● Your objective: Of the entries below, return only those lines from the line with "Ascends-length low high []" to the line with "Ascends-Numbered low high (b", exactly, both included.

● Exercise input:
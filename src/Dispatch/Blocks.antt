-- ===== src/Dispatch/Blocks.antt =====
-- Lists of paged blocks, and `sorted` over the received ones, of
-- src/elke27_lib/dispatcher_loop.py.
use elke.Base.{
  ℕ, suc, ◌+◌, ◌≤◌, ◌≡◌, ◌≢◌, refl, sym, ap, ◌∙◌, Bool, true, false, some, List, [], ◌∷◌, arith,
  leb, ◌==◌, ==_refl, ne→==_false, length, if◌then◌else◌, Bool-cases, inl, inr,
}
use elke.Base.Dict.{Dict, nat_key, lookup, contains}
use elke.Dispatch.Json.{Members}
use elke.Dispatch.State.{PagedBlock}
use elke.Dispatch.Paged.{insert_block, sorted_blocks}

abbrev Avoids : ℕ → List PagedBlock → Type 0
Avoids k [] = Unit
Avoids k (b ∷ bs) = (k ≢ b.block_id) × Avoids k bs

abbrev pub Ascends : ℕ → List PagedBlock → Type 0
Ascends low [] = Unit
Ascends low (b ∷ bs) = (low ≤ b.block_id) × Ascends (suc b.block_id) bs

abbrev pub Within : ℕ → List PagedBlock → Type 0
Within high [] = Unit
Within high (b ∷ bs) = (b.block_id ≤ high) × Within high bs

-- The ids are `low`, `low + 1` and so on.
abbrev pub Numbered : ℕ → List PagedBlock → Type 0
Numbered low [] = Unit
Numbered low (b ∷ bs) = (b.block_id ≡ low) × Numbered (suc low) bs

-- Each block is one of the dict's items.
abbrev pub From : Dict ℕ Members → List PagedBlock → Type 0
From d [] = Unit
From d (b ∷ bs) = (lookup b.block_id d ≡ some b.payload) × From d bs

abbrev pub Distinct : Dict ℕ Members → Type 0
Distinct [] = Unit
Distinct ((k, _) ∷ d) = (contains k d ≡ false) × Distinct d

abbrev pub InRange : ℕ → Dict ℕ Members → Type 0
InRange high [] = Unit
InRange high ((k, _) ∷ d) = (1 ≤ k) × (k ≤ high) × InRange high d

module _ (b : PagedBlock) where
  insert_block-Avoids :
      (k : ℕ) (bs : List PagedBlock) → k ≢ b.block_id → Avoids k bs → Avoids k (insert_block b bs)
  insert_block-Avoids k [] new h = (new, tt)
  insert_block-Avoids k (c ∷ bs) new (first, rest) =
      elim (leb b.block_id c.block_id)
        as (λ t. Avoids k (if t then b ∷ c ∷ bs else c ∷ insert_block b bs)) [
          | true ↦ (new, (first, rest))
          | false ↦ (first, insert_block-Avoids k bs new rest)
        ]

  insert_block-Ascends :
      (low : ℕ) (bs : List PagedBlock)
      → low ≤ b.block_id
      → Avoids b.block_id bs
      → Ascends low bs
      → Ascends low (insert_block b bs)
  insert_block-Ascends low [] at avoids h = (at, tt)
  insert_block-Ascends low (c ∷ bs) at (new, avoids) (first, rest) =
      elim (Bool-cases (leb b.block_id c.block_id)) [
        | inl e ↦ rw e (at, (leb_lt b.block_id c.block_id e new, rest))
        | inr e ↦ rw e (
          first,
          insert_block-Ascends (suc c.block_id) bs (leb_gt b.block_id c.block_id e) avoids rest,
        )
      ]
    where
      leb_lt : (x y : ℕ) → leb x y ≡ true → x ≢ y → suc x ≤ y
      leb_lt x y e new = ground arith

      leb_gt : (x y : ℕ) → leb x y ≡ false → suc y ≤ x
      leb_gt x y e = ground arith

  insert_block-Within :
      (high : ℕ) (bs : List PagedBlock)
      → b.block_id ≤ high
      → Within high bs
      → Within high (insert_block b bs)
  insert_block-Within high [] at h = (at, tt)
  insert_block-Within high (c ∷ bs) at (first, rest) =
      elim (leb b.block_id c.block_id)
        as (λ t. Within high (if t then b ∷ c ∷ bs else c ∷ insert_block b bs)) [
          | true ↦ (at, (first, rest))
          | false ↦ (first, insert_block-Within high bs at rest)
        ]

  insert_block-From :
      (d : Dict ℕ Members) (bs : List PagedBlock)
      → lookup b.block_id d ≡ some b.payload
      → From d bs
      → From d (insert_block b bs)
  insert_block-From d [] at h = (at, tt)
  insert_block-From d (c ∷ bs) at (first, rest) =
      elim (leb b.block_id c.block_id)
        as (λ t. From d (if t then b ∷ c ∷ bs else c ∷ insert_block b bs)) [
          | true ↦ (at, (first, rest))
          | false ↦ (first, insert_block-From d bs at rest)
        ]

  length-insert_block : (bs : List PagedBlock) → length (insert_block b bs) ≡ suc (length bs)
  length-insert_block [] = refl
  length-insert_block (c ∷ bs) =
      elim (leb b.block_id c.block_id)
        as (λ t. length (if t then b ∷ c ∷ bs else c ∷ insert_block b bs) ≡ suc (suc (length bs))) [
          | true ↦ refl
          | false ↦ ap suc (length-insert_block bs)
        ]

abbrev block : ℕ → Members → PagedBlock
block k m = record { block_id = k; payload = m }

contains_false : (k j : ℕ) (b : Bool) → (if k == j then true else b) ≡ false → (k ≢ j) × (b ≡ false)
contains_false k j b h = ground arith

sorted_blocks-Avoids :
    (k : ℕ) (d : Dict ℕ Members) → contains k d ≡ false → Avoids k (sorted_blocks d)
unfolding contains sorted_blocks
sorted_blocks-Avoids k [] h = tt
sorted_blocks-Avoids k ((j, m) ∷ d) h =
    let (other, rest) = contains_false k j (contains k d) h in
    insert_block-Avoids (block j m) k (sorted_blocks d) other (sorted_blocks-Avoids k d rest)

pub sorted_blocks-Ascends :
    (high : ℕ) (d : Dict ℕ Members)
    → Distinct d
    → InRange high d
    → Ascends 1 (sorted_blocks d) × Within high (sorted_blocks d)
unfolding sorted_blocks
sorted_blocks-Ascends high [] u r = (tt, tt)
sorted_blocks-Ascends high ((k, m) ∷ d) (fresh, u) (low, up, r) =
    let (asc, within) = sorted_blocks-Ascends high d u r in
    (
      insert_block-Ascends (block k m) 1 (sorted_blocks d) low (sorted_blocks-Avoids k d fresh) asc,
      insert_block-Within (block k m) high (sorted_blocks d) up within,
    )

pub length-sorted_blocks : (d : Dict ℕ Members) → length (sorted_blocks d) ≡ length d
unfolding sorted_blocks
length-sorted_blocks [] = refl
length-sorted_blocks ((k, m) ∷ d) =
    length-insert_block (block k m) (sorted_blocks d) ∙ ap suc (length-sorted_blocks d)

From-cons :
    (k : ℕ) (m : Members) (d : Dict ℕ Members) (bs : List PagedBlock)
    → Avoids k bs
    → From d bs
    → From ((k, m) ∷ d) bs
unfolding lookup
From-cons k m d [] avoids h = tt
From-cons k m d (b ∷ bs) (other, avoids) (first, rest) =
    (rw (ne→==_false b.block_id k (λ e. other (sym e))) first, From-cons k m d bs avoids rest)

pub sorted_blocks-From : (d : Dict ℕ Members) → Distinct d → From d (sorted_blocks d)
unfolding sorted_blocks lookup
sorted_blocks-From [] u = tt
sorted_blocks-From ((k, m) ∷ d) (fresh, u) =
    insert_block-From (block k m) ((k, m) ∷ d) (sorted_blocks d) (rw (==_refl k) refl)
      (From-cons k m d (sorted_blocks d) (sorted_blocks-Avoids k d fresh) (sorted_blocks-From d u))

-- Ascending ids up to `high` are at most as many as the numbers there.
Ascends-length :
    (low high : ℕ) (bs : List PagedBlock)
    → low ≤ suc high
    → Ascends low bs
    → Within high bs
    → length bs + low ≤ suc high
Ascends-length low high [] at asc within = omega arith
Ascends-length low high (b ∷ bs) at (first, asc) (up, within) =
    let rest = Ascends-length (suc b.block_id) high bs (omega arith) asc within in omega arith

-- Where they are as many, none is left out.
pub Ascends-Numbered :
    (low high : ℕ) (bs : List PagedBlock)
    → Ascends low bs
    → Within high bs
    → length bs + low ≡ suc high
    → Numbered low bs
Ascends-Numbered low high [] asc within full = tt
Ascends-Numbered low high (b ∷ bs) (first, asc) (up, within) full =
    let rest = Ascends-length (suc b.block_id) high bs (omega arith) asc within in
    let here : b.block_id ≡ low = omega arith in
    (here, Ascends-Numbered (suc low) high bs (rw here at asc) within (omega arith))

● Result for this task:
Ascends-length low high [] at asc within = omega arith
Ascends-length low high (b ∷ bs) at (first, asc) (up, within) =
    let rest = Ascends-length (suc b.block_id) high bs (omega arith) asc within in omega arith

-- Where they are as many, none is left out.
pub Ascends-Numbered :
    (low high : ℕ) (bs : List PagedBlock)
    → Ascends low bs
    → Within high bs
    → length bs + low ≡ suc high
    → Numbered low bs
Ascends-Numbered low high [] asc within full = tt
Ascends-Numbered low high (b ∷ bs) (first, asc) (up, within) full =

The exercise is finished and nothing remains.